Dataset records
※
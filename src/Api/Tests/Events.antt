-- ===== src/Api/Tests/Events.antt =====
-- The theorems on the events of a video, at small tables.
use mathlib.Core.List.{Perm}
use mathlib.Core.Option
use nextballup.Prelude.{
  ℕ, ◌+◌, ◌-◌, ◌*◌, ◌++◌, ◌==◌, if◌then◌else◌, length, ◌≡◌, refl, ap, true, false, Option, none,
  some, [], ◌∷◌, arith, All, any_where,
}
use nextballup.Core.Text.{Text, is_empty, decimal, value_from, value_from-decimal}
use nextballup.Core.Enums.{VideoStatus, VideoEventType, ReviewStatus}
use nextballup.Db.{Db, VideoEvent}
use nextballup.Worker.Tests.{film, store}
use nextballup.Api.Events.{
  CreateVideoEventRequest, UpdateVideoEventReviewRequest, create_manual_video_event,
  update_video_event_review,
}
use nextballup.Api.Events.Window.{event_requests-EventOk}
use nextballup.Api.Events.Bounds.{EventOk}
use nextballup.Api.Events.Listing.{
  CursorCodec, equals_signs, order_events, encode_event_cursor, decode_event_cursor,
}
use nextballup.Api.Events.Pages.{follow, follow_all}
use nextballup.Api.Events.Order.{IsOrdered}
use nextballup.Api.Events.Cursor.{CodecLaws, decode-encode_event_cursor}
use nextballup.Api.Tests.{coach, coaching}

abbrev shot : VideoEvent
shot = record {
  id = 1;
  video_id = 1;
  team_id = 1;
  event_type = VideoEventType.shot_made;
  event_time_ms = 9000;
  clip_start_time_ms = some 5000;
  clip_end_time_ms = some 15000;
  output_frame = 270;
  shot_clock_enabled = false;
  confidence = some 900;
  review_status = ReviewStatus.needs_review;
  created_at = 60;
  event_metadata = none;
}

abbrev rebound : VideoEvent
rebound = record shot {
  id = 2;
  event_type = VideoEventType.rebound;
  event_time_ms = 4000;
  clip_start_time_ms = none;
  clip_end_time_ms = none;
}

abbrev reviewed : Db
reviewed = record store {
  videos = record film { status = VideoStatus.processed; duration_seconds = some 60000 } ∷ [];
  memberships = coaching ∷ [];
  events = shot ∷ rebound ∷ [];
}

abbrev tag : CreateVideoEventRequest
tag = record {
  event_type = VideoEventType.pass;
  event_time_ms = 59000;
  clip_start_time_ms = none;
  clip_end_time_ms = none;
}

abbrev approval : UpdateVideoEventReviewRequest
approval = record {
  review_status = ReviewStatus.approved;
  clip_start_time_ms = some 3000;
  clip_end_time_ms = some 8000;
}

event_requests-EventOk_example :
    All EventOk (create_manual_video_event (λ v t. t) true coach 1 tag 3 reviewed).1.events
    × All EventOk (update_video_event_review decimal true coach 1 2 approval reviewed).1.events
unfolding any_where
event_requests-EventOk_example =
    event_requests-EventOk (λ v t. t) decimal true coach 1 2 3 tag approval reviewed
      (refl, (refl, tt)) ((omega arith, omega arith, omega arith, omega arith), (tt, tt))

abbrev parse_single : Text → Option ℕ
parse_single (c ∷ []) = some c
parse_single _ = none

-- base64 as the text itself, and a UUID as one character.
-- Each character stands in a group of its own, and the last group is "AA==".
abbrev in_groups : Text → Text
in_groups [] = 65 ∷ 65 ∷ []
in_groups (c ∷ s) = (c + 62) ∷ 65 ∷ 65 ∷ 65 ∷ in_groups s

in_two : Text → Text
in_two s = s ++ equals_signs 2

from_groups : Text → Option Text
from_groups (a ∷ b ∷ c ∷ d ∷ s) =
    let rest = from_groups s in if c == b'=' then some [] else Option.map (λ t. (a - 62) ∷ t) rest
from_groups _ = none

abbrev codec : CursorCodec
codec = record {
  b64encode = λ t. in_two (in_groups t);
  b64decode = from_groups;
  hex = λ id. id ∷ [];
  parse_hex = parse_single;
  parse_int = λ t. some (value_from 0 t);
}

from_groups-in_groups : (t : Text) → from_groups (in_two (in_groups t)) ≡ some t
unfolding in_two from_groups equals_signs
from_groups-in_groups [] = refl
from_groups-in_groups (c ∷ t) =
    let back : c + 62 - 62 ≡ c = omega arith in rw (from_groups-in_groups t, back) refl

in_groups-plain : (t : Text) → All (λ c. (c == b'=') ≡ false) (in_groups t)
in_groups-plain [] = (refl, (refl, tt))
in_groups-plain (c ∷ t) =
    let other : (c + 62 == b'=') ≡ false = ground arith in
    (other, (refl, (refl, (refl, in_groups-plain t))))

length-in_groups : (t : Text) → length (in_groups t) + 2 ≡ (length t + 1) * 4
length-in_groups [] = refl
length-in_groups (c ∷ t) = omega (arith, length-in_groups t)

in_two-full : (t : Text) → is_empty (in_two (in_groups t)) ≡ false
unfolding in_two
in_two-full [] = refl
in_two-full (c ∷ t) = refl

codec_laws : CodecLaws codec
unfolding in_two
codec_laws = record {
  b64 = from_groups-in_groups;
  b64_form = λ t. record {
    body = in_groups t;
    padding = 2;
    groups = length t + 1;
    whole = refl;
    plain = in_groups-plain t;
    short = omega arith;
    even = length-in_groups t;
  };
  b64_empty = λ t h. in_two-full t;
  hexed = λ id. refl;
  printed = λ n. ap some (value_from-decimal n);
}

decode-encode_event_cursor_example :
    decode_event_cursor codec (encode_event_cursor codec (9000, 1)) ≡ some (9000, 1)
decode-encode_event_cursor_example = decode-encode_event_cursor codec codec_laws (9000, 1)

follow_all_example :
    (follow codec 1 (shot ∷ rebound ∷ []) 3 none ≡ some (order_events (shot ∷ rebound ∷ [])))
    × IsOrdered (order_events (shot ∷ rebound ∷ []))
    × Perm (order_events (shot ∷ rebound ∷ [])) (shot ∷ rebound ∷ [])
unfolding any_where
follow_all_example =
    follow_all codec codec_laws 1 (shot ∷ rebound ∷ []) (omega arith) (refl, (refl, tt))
※
Retype the data exactly as it reads.

filename src/Api/Tests/Events.antt
-- ===== src/Api/Tests/Events.antt =====
-- The theorems on the events of a video, at small tables.
use mathlib.Core.List.{Perm}
use mathlib.Core.Option
use nextballup.Prelude.{
  ℕ, ◌+◌, ◌-◌, ◌*◌, ◌++◌, ◌==◌, if◌then◌else◌, length, ◌≡◌, refl, ap, true, false, Option, none,
  some, [], ◌∷◌, arith, All, any_where,
}
use nextballup.Core.Text.{Text, is_empty, decimal, value_from, value_from-decimal}
use nextballup.Core.Enums.{VideoStatus, VideoEventType, ReviewStatus}
use nextballup.Db.{Db, VideoEvent}
use nextballup.Worker.Tests.{film, store}
use nextballup.Api.Events.{
  CreateVideoEventRequest, UpdateVideoEventReviewRequest, create_manual_video_event,
  update_video_event_review,
}
use nextballup.Api.Events.Window.{event_requests-EventOk}
use nextballup.Api.Events.Bounds.{EventOk}
use nextballup.Api.Events.Listing.{
  CursorCodec, equals_signs, order_events, encode_event_cursor, decode_event_cursor,
}
use nextballup.Api.Events.Pages.{follow, follow_all}
use nextballup.Api.Events.Order.{IsOrdered}
use nextballup.Api.Events.Cursor.{CodecLaws, decode-encode_event_cursor}
use nextballup.Api.Tests.{coach, coaching}

abbrev shot : VideoEvent
shot = record {
  id = 1;
  video_id = 1;
  team_id = 1;
  event_type = VideoEventType.shot_made;
  event_time_ms = 9000;
  clip_start_time_ms = some 5000;
  clip_end_time_ms = some 15000;
  output_frame = 270;
  shot_clock_enabled = false;
  confidence = some 900;
  review_status = ReviewStatus.needs_review;
  created_at = 60;
  event_metadata = none;
}

abbrev rebound : VideoEvent
rebound = record shot {
  id = 2;
  event_type = VideoEventType.rebound;
  event_time_ms = 4000;
  clip_start_time_ms = none;
  clip_end_time_ms = none;
}

abbrev reviewed : Db
reviewed = record store {
  videos = record film { status = VideoStatus.processed; duration_seconds = some 60000 } ∷ [];
  memberships = coaching ∷ [];
  events = shot ∷ rebound ∷ [];
}

abbrev tag : CreateVideoEventRequest
tag = record {
  event_type = VideoEventType.pass;
  event_time_ms = 59000;
  clip_start_time_ms = none;
  clip_end_time_ms = none;
}

abbrev approval : UpdateVideoEventReviewRequest
approval = record {
  review_status = ReviewStatus.approved;
  clip_start_time_ms = some 3000;
  clip_end_time_ms = some 8000;
}

event_requests-EventOk_example :
    All EventOk (create_manual_video_event (λ v t. t) true coach 1 tag 3 reviewed).1.events
    × All EventOk (update_video_event_review decimal true coach 1 2 approval reviewed).1.events
unfolding any_where
event_requests-EventOk_example =
    event_requests-EventOk (λ v t. t) decimal true coach 1 2 3 tag approval reviewed
      (refl, (refl, tt)) ((omega arith, omega arith, omega arith, omega arith), (tt, tt))

abbrev parse_single : Text → Option ℕ
parse_single (c ∷ []) = some c
parse_single _ = none

-- base64 as the text itself, and a UUID as one character.
-- Each character stands in a group of its own, and the last group is "AA==".
abbrev in_groups : Text → Text
in_groups [] = 65 ∷ 65 ∷ []
in_groups (c ∷ s) = (c + 62) ∷ 65 ∷ 65 ∷ 65 ∷ in_groups s

in_two : Text → Text
in_two s = s ++ equals_signs 2

from_groups : Text → Option Text
from_groups (a ∷ b ∷ c ∷ d ∷ s) =
    let rest = from_groups s in if c == b'=' then some [] else Option.map (λ t. (a - 62) ∷ t) rest
from_groups _ = none

abbrev codec : CursorCodec
codec = record {
  b64encode = λ t. in_two (in_groups t);
  b64decode = from_groups;
  hex = λ id. id ∷ [];
  parse_hex = parse_single;
  parse_int = λ t. some (value_from 0 t);
}

from_groups-in_groups : (t : Text) → from_groups (in_two (in_groups t)) ≡ some t
unfolding in_two from_groups equals_signs
from_groups-in_groups [] = refl
from_groups-in_groups (c ∷ t) =
    let back : c + 62 - 62 ≡ c = omega arith in rw (from_groups-in_groups t, back) refl

in_groups-plain : (t : Text) → All (λ c. (c == b'=') ≡ false) (in_groups t)
in_groups-plain [] = (refl, (refl, tt))
in_groups-plain (c ∷ t) =
    let other : (c + 62 == b'=') ≡ false = ground arith in
    (other, (refl, (refl, (refl, in_groups-plain t))))

length-in_groups : (t : Text) → length (in_groups t) + 2 ≡ (length t + 1) * 4
length-in_groups [] = refl
length-in_groups (c ∷ t) = omega (arith, length-in_groups t)

in_two-full : (t : Text) → is_empty (in_two (in_groups t)) ≡ false
unfolding in_two
in_two-full [] = refl
in_two-full (c ∷ t) = refl

codec_laws : CodecLaws codec
unfolding in_two
codec_laws = record {
  b64 = from_groups-in_groups;
  b64_form = λ t. record {
    body = in_groups t;
    padding = 2;
    groups = length t + 1;
    whole = refl;
    plain = in_groups-plain t;
    short = omega arith;
    even = length-in_groups t;
  };
  b64_empty = λ t h. in_two-full t;
  hexed = λ id. refl;
  printed = λ n. ap some (value_from-decimal n);
}

decode-encode_event_cursor_example :
    decode_event_cursor codec (encode_event_cursor codec (9000, 1)) ≡ some (9000, 1)
decode-encode_event_cursor_example = decode-encode_event_cursor codec codec_laws (9000, 1)

follow_all_example :
    (follow codec 1 (shot ∷ rebound ∷ []) 3 none ≡ some (order_events (shot ∷ rebound ∷ [])))
    × IsOrdered (order_events (shot ∷ rebound ∷ []))
    × Perm (order_events (shot ∷ rebound ∷ [])) (shot ∷ rebound ∷ [])
unfolding any_where
follow_all_example =
    follow_all codec codec_laws 1 (shot ∷ rebound ∷ []) (omega arith) (refl, (refl, tt))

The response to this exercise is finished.